### TASK BRIEF
Return, word for word, the lines of the listing below from the one with "is_rectim pr_rectim = true" through the one with "else if (proc_of pid y).prhasmsg", and no other lines.

○ ○ ○

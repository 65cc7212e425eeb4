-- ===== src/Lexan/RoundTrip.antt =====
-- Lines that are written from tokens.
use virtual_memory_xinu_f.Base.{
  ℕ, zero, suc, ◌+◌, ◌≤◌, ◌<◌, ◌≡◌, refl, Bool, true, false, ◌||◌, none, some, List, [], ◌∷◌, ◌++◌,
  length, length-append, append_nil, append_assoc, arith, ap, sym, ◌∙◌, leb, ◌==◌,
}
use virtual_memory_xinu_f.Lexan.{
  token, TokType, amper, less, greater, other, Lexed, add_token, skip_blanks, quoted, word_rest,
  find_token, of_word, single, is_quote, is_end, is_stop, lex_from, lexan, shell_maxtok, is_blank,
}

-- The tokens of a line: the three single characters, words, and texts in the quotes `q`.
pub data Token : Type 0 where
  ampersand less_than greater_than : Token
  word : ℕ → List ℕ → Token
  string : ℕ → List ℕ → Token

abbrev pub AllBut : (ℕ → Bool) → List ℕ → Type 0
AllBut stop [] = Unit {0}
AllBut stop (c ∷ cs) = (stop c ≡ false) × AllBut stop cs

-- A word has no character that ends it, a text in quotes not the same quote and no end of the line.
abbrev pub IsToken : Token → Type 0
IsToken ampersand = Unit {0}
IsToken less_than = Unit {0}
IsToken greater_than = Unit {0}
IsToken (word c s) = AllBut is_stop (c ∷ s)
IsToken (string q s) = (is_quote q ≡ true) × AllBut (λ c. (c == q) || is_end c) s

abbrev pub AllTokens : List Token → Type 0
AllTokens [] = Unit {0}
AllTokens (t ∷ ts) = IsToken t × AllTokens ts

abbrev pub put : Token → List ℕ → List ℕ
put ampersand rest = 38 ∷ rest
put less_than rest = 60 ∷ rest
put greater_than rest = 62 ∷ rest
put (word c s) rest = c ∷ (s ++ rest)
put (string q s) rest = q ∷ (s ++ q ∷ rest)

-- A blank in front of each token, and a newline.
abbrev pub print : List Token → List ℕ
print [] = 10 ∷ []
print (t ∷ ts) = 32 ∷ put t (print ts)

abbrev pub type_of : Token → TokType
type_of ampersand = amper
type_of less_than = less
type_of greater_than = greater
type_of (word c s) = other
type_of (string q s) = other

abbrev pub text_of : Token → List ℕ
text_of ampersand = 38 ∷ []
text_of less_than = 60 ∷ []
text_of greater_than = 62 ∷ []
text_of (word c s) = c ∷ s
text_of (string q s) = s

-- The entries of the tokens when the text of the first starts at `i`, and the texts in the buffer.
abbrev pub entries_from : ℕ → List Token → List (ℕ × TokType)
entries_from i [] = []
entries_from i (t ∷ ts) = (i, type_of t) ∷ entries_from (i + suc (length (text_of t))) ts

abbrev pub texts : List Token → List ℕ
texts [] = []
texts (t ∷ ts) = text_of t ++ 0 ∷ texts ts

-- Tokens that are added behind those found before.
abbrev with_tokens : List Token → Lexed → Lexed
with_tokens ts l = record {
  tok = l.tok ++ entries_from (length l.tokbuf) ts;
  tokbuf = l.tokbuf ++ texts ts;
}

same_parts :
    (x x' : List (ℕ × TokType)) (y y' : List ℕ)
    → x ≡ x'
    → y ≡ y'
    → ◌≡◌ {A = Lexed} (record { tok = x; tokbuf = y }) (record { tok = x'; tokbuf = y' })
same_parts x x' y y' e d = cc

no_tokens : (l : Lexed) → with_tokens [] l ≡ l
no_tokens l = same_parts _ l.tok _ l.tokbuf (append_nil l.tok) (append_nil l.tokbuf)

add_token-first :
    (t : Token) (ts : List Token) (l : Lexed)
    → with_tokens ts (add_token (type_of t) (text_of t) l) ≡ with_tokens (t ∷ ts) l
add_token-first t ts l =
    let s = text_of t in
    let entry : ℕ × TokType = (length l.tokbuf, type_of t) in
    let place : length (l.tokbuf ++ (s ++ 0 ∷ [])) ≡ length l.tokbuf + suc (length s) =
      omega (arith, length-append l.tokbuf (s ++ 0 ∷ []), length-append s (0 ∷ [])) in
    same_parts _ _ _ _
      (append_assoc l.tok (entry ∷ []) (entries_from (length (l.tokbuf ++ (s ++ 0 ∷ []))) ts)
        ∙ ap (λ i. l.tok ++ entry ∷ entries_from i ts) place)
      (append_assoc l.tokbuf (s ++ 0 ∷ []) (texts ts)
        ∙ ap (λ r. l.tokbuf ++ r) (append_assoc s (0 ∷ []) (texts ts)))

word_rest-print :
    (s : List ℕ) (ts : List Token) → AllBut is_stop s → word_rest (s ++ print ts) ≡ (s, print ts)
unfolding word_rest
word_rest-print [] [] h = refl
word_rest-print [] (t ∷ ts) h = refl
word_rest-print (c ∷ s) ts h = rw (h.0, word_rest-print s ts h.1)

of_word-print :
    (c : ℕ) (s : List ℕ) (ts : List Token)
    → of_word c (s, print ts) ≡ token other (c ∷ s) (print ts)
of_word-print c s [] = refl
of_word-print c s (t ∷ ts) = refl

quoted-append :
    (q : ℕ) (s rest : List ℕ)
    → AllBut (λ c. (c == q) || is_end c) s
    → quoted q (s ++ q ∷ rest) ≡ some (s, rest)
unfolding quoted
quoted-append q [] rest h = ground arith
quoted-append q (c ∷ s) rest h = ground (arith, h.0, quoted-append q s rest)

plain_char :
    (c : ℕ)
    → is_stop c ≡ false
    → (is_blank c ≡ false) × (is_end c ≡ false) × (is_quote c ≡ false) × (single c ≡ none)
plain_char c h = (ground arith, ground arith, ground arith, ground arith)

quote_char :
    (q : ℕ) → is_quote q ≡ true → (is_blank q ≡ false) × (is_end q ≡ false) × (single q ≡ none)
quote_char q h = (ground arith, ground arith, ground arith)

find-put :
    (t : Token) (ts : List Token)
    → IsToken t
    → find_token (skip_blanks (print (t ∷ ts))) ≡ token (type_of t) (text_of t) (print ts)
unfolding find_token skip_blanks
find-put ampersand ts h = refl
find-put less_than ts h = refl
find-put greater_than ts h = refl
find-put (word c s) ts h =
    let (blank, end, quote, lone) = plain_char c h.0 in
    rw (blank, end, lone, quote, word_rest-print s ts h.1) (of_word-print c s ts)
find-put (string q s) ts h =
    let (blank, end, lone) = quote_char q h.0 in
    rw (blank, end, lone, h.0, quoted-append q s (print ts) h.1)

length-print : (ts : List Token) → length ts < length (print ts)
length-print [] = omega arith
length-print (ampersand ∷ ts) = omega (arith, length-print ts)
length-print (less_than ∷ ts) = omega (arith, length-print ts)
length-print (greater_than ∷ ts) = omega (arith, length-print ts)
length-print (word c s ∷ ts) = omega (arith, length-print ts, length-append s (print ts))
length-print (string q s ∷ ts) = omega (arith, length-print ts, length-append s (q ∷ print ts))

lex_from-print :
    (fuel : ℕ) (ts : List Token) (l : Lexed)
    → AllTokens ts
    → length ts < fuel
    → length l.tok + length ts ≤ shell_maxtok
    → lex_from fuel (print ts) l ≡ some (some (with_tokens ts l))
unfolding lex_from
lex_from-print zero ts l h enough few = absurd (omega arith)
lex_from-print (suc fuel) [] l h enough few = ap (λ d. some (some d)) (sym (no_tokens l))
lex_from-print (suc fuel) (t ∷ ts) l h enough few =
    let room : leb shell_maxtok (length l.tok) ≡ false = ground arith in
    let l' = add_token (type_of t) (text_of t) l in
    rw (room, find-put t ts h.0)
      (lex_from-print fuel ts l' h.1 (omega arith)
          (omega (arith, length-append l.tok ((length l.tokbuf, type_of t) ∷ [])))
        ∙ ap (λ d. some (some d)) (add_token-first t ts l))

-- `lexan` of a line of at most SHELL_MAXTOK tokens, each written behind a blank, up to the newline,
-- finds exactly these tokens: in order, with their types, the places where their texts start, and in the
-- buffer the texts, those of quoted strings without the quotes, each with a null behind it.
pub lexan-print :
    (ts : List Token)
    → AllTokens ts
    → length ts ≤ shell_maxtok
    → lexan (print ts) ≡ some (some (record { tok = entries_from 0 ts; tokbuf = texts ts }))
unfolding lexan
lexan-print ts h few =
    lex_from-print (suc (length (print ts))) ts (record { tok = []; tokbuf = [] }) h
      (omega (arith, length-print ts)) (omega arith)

○ ○ ○

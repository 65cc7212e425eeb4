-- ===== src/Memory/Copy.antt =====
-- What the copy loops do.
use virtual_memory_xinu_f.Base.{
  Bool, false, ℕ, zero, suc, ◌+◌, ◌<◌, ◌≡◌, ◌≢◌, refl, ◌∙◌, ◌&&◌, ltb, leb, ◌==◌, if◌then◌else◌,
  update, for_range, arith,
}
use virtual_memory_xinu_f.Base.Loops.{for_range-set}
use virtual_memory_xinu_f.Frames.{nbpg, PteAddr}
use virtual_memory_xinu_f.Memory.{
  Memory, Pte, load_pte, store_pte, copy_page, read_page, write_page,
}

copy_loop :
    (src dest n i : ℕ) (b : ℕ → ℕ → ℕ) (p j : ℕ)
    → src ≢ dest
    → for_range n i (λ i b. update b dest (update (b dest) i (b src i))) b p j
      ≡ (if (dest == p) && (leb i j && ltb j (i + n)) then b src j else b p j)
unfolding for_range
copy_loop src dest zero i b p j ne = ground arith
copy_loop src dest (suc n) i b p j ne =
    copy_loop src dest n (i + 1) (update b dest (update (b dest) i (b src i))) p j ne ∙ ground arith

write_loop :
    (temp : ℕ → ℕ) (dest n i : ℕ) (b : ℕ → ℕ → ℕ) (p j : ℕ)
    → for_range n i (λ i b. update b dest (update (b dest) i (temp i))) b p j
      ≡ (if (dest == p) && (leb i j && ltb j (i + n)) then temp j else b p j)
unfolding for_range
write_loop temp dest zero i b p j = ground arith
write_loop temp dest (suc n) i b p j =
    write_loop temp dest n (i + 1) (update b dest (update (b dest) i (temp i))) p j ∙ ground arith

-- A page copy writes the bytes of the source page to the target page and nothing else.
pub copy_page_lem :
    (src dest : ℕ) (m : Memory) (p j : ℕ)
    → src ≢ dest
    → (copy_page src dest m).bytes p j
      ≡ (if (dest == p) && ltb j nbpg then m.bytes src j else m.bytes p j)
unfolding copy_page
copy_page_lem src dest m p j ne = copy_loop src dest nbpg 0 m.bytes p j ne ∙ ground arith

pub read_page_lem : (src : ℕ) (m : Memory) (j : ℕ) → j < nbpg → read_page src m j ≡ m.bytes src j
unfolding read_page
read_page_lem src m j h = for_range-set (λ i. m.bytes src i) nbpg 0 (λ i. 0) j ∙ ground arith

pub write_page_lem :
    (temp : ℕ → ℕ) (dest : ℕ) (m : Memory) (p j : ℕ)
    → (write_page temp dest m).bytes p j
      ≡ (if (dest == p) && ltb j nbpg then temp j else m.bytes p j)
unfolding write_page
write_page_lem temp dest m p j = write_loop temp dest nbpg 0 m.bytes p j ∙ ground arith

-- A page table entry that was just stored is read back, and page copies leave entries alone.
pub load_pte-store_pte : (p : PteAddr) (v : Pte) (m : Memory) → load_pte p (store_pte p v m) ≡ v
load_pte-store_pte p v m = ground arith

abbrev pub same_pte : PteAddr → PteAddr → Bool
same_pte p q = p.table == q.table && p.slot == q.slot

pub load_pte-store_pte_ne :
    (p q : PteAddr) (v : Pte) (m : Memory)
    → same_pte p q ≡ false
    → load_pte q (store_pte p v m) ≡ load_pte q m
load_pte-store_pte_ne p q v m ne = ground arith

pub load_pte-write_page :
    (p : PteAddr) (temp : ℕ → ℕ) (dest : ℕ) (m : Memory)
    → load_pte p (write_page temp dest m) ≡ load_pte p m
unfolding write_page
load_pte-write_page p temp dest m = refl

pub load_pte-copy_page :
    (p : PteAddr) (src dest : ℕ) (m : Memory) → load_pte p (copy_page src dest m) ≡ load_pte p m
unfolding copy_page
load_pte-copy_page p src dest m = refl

○ ○ ○

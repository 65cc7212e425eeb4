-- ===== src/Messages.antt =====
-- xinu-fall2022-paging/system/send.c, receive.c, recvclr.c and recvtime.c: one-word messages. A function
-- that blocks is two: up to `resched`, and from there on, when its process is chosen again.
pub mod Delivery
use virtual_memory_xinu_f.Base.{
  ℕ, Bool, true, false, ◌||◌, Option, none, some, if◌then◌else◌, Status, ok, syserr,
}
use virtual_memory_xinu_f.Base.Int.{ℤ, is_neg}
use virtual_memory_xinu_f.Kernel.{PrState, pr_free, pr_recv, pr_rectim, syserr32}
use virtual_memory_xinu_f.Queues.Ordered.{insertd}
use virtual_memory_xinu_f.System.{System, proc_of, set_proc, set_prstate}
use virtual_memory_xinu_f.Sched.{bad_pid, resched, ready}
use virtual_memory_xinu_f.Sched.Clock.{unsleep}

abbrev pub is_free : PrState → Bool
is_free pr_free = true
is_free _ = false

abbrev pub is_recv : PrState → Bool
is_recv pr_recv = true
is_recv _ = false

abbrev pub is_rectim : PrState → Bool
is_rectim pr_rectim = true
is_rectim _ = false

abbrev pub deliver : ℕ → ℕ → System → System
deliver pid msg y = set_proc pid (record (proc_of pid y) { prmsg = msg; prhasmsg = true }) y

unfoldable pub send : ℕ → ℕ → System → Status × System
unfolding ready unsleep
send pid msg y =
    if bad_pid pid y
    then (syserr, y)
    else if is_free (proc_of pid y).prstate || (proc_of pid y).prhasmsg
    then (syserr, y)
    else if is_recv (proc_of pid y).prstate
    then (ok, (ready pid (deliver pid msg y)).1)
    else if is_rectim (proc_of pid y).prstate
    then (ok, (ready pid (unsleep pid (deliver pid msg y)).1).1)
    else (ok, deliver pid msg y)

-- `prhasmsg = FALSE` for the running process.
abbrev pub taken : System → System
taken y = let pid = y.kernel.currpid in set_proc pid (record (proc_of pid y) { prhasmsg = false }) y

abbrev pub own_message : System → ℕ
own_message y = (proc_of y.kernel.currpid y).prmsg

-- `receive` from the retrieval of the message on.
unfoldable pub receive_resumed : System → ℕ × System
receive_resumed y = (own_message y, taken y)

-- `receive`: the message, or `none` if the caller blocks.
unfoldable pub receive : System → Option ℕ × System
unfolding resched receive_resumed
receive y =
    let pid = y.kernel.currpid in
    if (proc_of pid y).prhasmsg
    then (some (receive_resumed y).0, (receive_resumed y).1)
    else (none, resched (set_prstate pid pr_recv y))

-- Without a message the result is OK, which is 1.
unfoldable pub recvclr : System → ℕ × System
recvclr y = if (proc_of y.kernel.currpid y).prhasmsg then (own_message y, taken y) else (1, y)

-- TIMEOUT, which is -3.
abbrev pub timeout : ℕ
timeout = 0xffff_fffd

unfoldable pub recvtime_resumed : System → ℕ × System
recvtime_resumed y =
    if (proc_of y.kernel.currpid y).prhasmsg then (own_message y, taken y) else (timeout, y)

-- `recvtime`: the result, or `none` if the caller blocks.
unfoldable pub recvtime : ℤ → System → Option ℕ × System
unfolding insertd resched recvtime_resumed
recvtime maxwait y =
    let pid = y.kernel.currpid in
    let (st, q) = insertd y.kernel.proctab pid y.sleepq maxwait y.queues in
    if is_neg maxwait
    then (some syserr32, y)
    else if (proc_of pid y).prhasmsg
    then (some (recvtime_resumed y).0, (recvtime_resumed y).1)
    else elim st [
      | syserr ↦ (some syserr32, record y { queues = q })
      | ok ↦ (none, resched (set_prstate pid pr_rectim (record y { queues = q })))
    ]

○ ○ ○

### RESULT FOR THIS TASK
is_rectim pr_rectim = true
is_rectim _ = false

abbrev pub deliver : ℕ → ℕ → System → System
deliver pid msg y = set_proc pid (record (proc_of pid y) { prmsg = msg; prhasmsg = true }) y

unfoldable pub send : ℕ → ℕ → System → Status × System
unfolding ready unsleep
send pid msg y =
    if bad_pid pid y
    then (syserr, y)
    else if is_free (proc_of pid y).prstate || (proc_of pid y).prhasmsg
    then (syserr, y)
    else if is_recv (proc_of pid y).prstate
    then (ok, (ready pid (deliver pid msg y)).1)
    else if is_rectim (proc_of pid y).prstate
    then (ok, (ready pid (unsleep pid (deliver pid msg y)).1).1)
    else (ok, deliver pid msg y)

-- `prhasmsg = FALSE` for the running process.
abbrev pub taken : System → System
taken y = let pid = y.kernel.currpid in set_proc pid (record (proc_of pid y) { prhasmsg = false }) y

abbrev pub own_message : System → ℕ
own_message y = (proc_of y.kernel.currpid y).prmsg

-- `receive` from the retrieval of the message on.
unfoldable pub receive_resumed : System → ℕ × System
receive_resumed y = (own_message y, taken y)

-- `receive`: the message, or `none` if the caller blocks.
unfoldable pub receive : System → Option ℕ × System
unfolding resched receive_resumed
receive y =
    let pid = y.kernel.currpid in
    if (proc_of pid y).prhasmsg
    then (some (receive_resumed y).0, (receive_resumed y).1)
    else (none, resched (set_prstate pid pr_recv y))

-- Without a message the result is OK, which is 1.
unfoldable pub recvclr : System → ℕ × System
recvclr y = if (proc_of y.kernel.currpid y).prhasmsg then (own_message y, taken y) else (1, y)

-- TIMEOUT, which is -3.
abbrev pub timeout : ℕ
timeout = 0xffff_fffd

unfoldable pub recvtime_resumed : System → ℕ × System
recvtime_resumed y =
    if (proc_of y.kernel.currpid y).prhasmsg then (own_message y, taken y) else (timeout, y)

-- `recvtime`: the result, or `none` if the caller blocks.
unfoldable pub recvtime : ℤ → System → Option ℕ × System
unfolding insertd resched recvtime_resumed
recvtime maxwait y =
    let pid = y.kernel.currpid in
    let (st, q) = insertd y.kernel.proctab pid y.sleepq maxwait y.queues in
    if is_neg maxwait
    then (some syserr32, y)
    else if (proc_of pid y).prhasmsg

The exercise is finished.